Activity
When you reach the line with "digits zero n" in the data below, begin printing lines exactly, and stop once the line with "inr other ↦" has been printed.

Data to examine
• • • • •

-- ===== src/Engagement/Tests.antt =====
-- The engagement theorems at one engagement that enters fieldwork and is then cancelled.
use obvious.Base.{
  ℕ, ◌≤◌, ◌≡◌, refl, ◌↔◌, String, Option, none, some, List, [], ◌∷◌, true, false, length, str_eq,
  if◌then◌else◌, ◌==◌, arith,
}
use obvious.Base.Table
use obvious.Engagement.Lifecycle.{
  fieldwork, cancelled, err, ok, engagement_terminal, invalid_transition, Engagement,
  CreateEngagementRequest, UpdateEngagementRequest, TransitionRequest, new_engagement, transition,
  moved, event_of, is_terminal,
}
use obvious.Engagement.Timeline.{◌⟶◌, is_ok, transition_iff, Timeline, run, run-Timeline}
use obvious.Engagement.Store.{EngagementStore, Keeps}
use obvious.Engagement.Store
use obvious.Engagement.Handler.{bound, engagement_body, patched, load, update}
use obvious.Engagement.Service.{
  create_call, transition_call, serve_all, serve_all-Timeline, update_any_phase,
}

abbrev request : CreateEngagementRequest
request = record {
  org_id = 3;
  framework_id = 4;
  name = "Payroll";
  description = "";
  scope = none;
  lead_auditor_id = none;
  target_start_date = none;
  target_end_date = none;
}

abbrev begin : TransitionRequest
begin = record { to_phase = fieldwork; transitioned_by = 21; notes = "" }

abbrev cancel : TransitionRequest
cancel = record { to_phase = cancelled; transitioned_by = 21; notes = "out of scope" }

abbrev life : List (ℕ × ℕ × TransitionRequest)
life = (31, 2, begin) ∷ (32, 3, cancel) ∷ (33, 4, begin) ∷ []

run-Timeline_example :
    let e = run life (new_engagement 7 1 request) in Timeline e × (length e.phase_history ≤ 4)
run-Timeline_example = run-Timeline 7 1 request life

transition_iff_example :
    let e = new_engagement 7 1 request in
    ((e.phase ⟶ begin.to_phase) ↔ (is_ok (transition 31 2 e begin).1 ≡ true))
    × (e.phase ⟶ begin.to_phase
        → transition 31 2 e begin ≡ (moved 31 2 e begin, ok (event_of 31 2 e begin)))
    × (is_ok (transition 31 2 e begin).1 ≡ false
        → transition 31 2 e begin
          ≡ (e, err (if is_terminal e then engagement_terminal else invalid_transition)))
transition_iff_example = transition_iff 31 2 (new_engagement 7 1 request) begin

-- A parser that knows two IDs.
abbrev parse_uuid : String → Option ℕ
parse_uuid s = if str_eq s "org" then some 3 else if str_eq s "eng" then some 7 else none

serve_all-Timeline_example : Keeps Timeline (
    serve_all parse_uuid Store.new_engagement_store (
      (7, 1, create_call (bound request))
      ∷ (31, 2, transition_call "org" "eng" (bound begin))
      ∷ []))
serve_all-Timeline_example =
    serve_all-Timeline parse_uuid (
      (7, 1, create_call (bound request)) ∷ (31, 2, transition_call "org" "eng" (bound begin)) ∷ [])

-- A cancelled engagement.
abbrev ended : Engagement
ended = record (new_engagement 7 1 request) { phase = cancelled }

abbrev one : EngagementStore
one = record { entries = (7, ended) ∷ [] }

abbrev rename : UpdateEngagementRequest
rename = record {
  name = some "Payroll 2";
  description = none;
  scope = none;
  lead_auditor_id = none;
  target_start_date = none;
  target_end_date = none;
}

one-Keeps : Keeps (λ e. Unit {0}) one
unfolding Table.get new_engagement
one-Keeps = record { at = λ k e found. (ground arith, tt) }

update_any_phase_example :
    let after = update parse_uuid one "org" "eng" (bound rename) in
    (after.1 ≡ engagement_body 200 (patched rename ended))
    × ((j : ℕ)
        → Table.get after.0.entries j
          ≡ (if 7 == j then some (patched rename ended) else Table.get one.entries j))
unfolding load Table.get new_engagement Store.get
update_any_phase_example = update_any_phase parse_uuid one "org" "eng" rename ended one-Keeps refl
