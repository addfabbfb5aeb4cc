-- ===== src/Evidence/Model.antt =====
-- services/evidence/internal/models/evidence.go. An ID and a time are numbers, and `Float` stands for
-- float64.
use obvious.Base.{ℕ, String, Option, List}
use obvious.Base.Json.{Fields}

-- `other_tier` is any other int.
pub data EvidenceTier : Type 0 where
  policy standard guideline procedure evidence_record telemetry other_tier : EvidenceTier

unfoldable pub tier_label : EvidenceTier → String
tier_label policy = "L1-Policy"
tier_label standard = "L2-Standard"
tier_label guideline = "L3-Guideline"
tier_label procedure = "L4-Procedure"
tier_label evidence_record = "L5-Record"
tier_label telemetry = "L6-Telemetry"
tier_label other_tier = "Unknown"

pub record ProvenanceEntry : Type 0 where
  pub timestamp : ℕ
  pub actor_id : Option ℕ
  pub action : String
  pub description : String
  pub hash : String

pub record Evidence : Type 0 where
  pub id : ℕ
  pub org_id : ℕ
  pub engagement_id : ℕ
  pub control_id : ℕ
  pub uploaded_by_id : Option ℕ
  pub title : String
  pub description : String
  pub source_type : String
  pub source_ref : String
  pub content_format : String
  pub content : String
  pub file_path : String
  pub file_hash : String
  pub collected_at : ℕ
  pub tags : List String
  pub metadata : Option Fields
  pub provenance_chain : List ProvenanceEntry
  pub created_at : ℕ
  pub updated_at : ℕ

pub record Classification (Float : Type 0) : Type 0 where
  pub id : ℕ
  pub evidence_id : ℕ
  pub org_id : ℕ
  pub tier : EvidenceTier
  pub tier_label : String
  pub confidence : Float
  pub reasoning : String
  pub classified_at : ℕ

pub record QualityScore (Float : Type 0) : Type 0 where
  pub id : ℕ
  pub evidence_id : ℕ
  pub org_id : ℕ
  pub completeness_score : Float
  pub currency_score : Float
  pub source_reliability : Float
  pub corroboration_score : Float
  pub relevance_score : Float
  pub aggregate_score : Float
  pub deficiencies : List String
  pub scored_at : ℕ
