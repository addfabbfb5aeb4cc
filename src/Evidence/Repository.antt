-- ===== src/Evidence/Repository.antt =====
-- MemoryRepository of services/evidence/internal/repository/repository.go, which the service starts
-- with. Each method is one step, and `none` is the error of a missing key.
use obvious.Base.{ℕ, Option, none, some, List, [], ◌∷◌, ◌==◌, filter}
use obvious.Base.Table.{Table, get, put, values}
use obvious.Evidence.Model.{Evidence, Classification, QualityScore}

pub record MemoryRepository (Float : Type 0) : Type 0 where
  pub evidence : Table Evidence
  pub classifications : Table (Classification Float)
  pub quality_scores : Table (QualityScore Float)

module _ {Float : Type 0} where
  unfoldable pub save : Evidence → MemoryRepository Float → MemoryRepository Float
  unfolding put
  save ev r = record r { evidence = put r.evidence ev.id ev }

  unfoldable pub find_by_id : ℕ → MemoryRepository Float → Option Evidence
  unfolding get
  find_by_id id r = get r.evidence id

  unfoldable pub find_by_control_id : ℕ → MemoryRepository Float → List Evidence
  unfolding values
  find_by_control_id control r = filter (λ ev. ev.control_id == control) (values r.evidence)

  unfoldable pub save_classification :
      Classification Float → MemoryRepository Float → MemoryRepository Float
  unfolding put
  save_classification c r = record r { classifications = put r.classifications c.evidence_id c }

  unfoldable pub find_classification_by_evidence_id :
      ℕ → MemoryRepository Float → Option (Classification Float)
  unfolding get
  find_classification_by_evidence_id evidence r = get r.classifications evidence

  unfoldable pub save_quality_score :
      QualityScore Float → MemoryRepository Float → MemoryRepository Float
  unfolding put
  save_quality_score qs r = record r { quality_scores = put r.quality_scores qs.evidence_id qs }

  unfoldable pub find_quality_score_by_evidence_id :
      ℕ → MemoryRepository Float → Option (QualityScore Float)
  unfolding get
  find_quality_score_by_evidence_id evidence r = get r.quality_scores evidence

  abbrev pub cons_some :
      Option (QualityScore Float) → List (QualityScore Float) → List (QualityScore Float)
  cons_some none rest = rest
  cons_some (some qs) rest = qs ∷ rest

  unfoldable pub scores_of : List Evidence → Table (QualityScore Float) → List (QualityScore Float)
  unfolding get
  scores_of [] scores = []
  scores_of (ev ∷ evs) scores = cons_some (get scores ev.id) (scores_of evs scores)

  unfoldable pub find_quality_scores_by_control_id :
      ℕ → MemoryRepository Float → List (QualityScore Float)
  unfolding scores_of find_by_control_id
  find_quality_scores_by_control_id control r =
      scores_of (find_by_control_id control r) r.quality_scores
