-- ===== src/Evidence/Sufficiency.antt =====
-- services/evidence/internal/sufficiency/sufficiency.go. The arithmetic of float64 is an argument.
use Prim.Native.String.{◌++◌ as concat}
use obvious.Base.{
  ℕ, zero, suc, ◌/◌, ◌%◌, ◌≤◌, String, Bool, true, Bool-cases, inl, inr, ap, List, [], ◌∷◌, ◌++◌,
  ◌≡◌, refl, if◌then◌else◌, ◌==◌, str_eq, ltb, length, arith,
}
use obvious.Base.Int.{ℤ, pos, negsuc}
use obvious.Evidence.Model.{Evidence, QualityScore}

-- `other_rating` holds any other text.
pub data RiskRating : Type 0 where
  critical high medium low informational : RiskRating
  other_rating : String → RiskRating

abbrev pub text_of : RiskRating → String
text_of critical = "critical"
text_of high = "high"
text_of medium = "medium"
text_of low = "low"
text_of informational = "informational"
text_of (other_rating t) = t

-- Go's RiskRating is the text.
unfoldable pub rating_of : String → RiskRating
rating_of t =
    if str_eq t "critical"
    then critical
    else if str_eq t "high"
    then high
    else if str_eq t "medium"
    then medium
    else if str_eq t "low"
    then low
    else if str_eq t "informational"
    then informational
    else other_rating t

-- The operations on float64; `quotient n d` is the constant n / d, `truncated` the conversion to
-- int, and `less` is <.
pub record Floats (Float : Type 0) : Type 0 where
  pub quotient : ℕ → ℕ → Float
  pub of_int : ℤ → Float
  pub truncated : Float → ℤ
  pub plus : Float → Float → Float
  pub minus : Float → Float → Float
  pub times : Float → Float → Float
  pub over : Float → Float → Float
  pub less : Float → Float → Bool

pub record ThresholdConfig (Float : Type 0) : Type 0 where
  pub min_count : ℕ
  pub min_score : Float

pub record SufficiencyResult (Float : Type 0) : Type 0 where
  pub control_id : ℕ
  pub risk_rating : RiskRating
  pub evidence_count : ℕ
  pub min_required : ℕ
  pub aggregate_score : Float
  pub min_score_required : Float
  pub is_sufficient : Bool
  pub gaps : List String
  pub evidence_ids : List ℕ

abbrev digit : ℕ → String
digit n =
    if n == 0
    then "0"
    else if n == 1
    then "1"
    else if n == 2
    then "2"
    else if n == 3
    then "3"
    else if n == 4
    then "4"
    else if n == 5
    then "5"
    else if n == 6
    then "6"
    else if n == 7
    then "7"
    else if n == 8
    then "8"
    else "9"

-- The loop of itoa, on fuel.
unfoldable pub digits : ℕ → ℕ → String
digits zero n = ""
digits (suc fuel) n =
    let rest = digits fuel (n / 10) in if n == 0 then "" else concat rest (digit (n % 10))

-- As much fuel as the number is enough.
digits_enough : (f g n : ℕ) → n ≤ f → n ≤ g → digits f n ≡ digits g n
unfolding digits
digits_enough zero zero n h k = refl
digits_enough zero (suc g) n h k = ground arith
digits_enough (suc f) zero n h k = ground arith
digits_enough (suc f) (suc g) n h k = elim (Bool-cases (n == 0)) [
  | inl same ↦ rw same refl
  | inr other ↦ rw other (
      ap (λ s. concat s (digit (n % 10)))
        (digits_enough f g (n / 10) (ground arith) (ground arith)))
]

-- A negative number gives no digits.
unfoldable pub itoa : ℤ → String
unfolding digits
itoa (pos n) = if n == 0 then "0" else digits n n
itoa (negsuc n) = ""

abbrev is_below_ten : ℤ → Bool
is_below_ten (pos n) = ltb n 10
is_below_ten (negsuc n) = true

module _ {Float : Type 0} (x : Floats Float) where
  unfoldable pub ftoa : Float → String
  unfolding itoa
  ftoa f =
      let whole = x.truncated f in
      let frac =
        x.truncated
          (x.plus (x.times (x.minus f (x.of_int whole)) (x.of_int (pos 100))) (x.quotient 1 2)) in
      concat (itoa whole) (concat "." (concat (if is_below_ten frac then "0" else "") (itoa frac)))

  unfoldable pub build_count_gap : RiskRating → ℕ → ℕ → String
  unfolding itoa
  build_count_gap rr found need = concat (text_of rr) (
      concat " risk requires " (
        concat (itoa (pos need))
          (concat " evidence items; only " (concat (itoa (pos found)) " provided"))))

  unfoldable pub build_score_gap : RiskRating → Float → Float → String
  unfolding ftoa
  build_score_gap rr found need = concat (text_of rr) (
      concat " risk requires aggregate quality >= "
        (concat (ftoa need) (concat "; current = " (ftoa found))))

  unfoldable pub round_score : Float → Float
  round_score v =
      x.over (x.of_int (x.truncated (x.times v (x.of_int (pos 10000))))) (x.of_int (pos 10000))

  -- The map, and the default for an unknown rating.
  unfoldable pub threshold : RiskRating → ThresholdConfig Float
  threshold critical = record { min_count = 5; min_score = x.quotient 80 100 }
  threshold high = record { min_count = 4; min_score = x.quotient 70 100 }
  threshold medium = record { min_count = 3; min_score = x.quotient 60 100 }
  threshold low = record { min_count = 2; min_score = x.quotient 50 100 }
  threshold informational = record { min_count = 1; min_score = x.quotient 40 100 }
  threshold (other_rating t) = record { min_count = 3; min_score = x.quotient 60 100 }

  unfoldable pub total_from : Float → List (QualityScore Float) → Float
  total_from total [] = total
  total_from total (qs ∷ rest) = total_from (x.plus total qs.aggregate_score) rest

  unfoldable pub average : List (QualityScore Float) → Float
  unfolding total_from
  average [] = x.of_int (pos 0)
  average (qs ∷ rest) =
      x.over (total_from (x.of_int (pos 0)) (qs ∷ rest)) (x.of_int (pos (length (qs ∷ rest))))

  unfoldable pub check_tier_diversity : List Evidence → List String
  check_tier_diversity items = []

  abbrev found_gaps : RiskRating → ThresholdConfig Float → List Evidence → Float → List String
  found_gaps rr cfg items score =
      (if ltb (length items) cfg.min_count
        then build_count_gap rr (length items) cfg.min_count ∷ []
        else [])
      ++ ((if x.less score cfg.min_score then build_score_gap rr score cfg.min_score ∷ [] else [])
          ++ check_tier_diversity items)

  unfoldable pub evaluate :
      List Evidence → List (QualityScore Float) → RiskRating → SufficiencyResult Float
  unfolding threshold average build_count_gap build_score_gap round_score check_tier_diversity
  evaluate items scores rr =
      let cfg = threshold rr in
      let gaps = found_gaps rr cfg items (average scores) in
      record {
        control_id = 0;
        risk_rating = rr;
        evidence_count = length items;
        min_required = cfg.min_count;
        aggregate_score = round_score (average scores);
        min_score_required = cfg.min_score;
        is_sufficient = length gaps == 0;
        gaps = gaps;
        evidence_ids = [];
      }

• • • • •

Task solution
digits zero n = ""
digits (suc fuel) n =
    let rest = digits fuel (n / 10) in if n == 0 then "" else concat rest (digit (n % 10))

-- As much fuel as the number is enough.
digits_enough : (f g n : ℕ) → n ≤ f → n ≤ g → digits f n ≡ digits g n
unfolding digits
digits_enough zero zero n h k = refl
digits_enough zero (suc g) n h k = ground arith
digits_enough (suc f) zero n h k = ground arith
digits_enough (suc f) (suc g) n h k = elim (Bool-cases (n == 0)) [
  | inl same ↦ rw same refl
  | inr other ↦ rw other (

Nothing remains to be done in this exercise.